Data supplied: Begin
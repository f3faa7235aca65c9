-- ===== src/Search/Fusion/Once.antt =====
-- Each chunk that is ranked is fused once, from its best ranks, and the hits are in order.
use docmesh.Prelude.{
  ℕ, ◌≡◌, refl, sym, ap, ◌∙◌, subst, true, false, ◌||◌, List, [], ◌∷◌, All, map, if_both, arith,
}
use docmesh.Text.{Text}
use docmesh.Graph.{Scores}
use docmesh.Graph.Order.{text_lt_asym}
use docmesh.Search.Fusion.{
  FusedHit, is_present, find_rank, rank_from, by_rank, all_keys, fused_hit, is_before, insert_hit,
  sort_hits, rrf_fuse,
}
use docmesh.Search.Fusion.Ranks.{
  one_if, occurrences, best_rank, find_rank-rank_from, rank_from-Single, occurrences-all_keys,
}

abbrev pub IsAsym : {W : Type 0} → Scores W → Type 0
IsAsym {W} s = (x y : W) → s.lt x y ≡ true → s.lt y x ≡ false

module _ {W : Type 0} ⦃s : Scores W⦄ where
  abbrev pub ids : List (FusedHit W) → List Text
  ids hits = map (λ (h : FusedHit W). h.chunk_id) hits

  abbrev Follows : FusedHit W → List (FusedHit W) → Type 0
  Follows h [] = Unit
  Follows h (g ∷ r) = is_before g h ≡ false

  -- No hit stands before the one that it follows, by score and then by id.
  abbrev pub InOrder : List (FusedHit W) → Type 0
  InOrder [] = Unit
  InOrder (h ∷ r) = Follows h r × InOrder r

  is_before_asym : IsAsym s → (h g : FusedHit W) → is_before h g ≡ true → is_before g h ≡ false
  unfolding is_before
  is_before_asym asym h g before =
      ground (arith, before, asym g.fused_score h.fused_score, text_lt_asym h.chunk_id g.chunk_id)

  insert_hit-Follows :
      (g h : FusedHit W) (r : List (FusedHit W))
      → is_before h g ≡ false
      → Follows g r
      → Follows g (insert_hit h r)
  unfolding insert_hit
  insert_hit-Follows g h [] b f = b
  insert_hit-Follows g h (x ∷ r) b f = if_both (Follows g) (is_before x h) (λ _. f) (λ _. b)

  insert_hit-InOrder :
      IsAsym s → (h : FusedHit W) (r : List (FusedHit W)) → InOrder r → InOrder (insert_hit h r)
  unfolding insert_hit
  insert_hit-InOrder asym h [] o = (tt, tt)
  insert_hit-InOrder asym h (g ∷ r) (f, o) =
      if_both InOrder (is_before g h)
        (λ before. (
          insert_hit-Follows g h r (is_before_asym asym g h before) f,
          insert_hit-InOrder asym h r o,
        ))
        (λ behind. (behind, (f, o)))

  sort_hits-InOrder : IsAsym s → (r : List (FusedHit W)) → InOrder (sort_hits r)
  unfolding sort_hits
  sort_hits-InOrder asym [] = tt
  sort_hits-InOrder asym (h ∷ r) =
      insert_hit-InOrder asym h (sort_hits r) (sort_hits-InOrder asym r)

  insert_hit-All :
      (P : FusedHit W → Type 0) (h : FusedHit W) (r : List (FusedHit W))
      → P h
      → All P r
      → All P (insert_hit h r)
  unfolding insert_hit
  insert_hit-All P h [] p ps = (p, tt)
  insert_hit-All P h (g ∷ r) p (q, ps) =
      if_both (All P) (is_before g h) (λ _. (q, insert_hit-All P h r p ps)) (λ _. (p, (q, ps)))

  sort_hits-All : (P : FusedHit W → Type 0) (r : List (FusedHit W)) → All P r → All P (sort_hits r)
  unfolding sort_hits
  sort_hits-All P [] ps = tt
  sort_hits-All P (h ∷ r) (p, ps) = insert_hit-All P h (sort_hits r) p (sort_hits-All P r ps)

  occurrences-insert_hit :
      (i : Text) (h : FusedHit W) (r : List (FusedHit W))
      → occurrences i (ids (insert_hit h r)) ≡ occurrences i (ids (h ∷ r))
  unfolding insert_hit
  occurrences-insert_hit i h [] = refl
  occurrences-insert_hit i h (g ∷ r) =
      if_both (λ l. occurrences i (ids l) ≡ occurrences i (ids (h ∷ g ∷ r))) (is_before g h)
        (λ _. omega (arith, occurrences-insert_hit i h r)) (λ _. refl)

  occurrences-sort_hits :
      (i : Text) (r : List (FusedHit W)) → occurrences i (ids (sort_hits r)) ≡ occurrences i (ids r)
  unfolding sort_hits
  occurrences-sort_hits i [] = refl
  occurrences-sort_hits i (h ∷ r) =
      occurrences-insert_hit i h (sort_hits r) ∙ omega (arith, occurrences-sort_hits i r)

module _ {W : Type 0} ⦃s : Scores W⦄ (of_nat : ℕ → W) (dense sparse : List (Text × W)) (k : ℕ)
    (weight : W) where
  -- The hit of a chunk, from its best ranks.
  abbrev pub hit_at : Text → FusedHit W
  hit_at i = fused_hit of_nat k weight i (best_rank 1 i dense) (best_rank 1 i sparse)

  map-hit_at :
      (f : Text → FusedHit W)
      → ((i : Text) → f i ≡ hit_at i)
      → (is : List Text) → All (λ (h : FusedHit W). h ≡ hit_at h.chunk_id) (map f is)
  unfolding fused_hit
  map-hit_at f same [] = tt
  map-hit_at f same (i ∷ is) =
      (subst (λ (h : FusedHit W). h ≡ hit_at h.chunk_id) (sym (same i)) refl, map-hit_at f same is)

  ids-map :
      (f : Text → FusedHit W)
      → ((i : Text) → f i ≡ hit_at i)
      → (is : List Text) → ids (map f is) ≡ is
  unfolding fused_hit
  ids-map f same [] = refl
  ids-map f same (i ∷ is) = rw (same i, ids-map f same is) refl

  -- If the order of the scores is asymmetric: a chunk that stands in one of the rankings, or in both,
  -- stands in the fused list once, and others do not; each hit has the best ranks of its chunk, with
  -- their scores, and the score that is fused from them; and the hits stand by falling score, equal
  -- ones by their ids.
  pub rrf_fuse-InOrder :
      IsAsym s
      → ((i : Text)
          → occurrences i (ids (rrf_fuse of_nat dense sparse k weight))
            ≡ one_if (is_present (best_rank 1 i dense) || is_present (best_rank 1 i sparse)))
        × All (λ (h : FusedHit W). h ≡ hit_at h.chunk_id) (rrf_fuse of_nat dense sparse k weight)
        × InOrder (rrf_fuse of_nat dense sparse k weight)
  unfolding rrf_fuse by_rank
  rrf_fuse-InOrder asym =
      let d = rank_from 1 [] dense in
      let b = rank_from 1 [] sparse in
      let found_dense : (i : Text) → find_rank i d ≡ best_rank 1 i dense =
        λ i. find_rank-rank_from 1 [] i dense in
      let found_sparse : (i : Text) → find_rank i b ≡ best_rank 1 i sparse =
        λ i. find_rank-rank_from 1 [] i sparse in
      let hit : Text → FusedHit W =
        λ i. fused_hit of_nat k weight i (find_rank i d) (find_rank i b) in
      let same : (i : Text) → hit i ≡ hit_at i = λ i. rw (found_dense i, found_sparse i) refl in
      let hits = map hit (all_keys d b) in
      (
        (λ i.
            occurrences-sort_hits i hits
            ∙ ap (occurrences i) (ids-map hit same (all_keys d b))
            ∙ occurrences-all_keys d b (rank_from-Single 1 [] dense (λ j. refl))
                (rank_from-Single 1 [] sparse (λ j. refl)) i
            ∙ rw (found_dense i, found_sparse i) refl),
        sort_hits-All (λ (h : FusedHit W). h ≡ hit_at h.chunk_id) hits
            (map-hit_at hit same (all_keys d b)),
        sort_hits-InOrder asym hits,
      )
Data supplied: End
*What is expected*.
Looking at the data above, return every line from the one with "(subst (λ (h" down to the one with "ids-map f same (i", exactly and inclusively.

*Task result*.
      (subst (λ (h : FusedHit W). h ≡ hit_at h.chunk_id) (sym (same i)) refl, map-hit_at f same is)

  ids-map :
      (f : Text → FusedHit W)
      → ((i : Text) → f i ≡ hit_at i)
      → (is : List Text) → ids (map f is) ≡ is
  unfolding fused_hit
  ids-map f same [] = refl
  ids-map f same (i ∷ is) = rw (same i, ids-map f same is) refl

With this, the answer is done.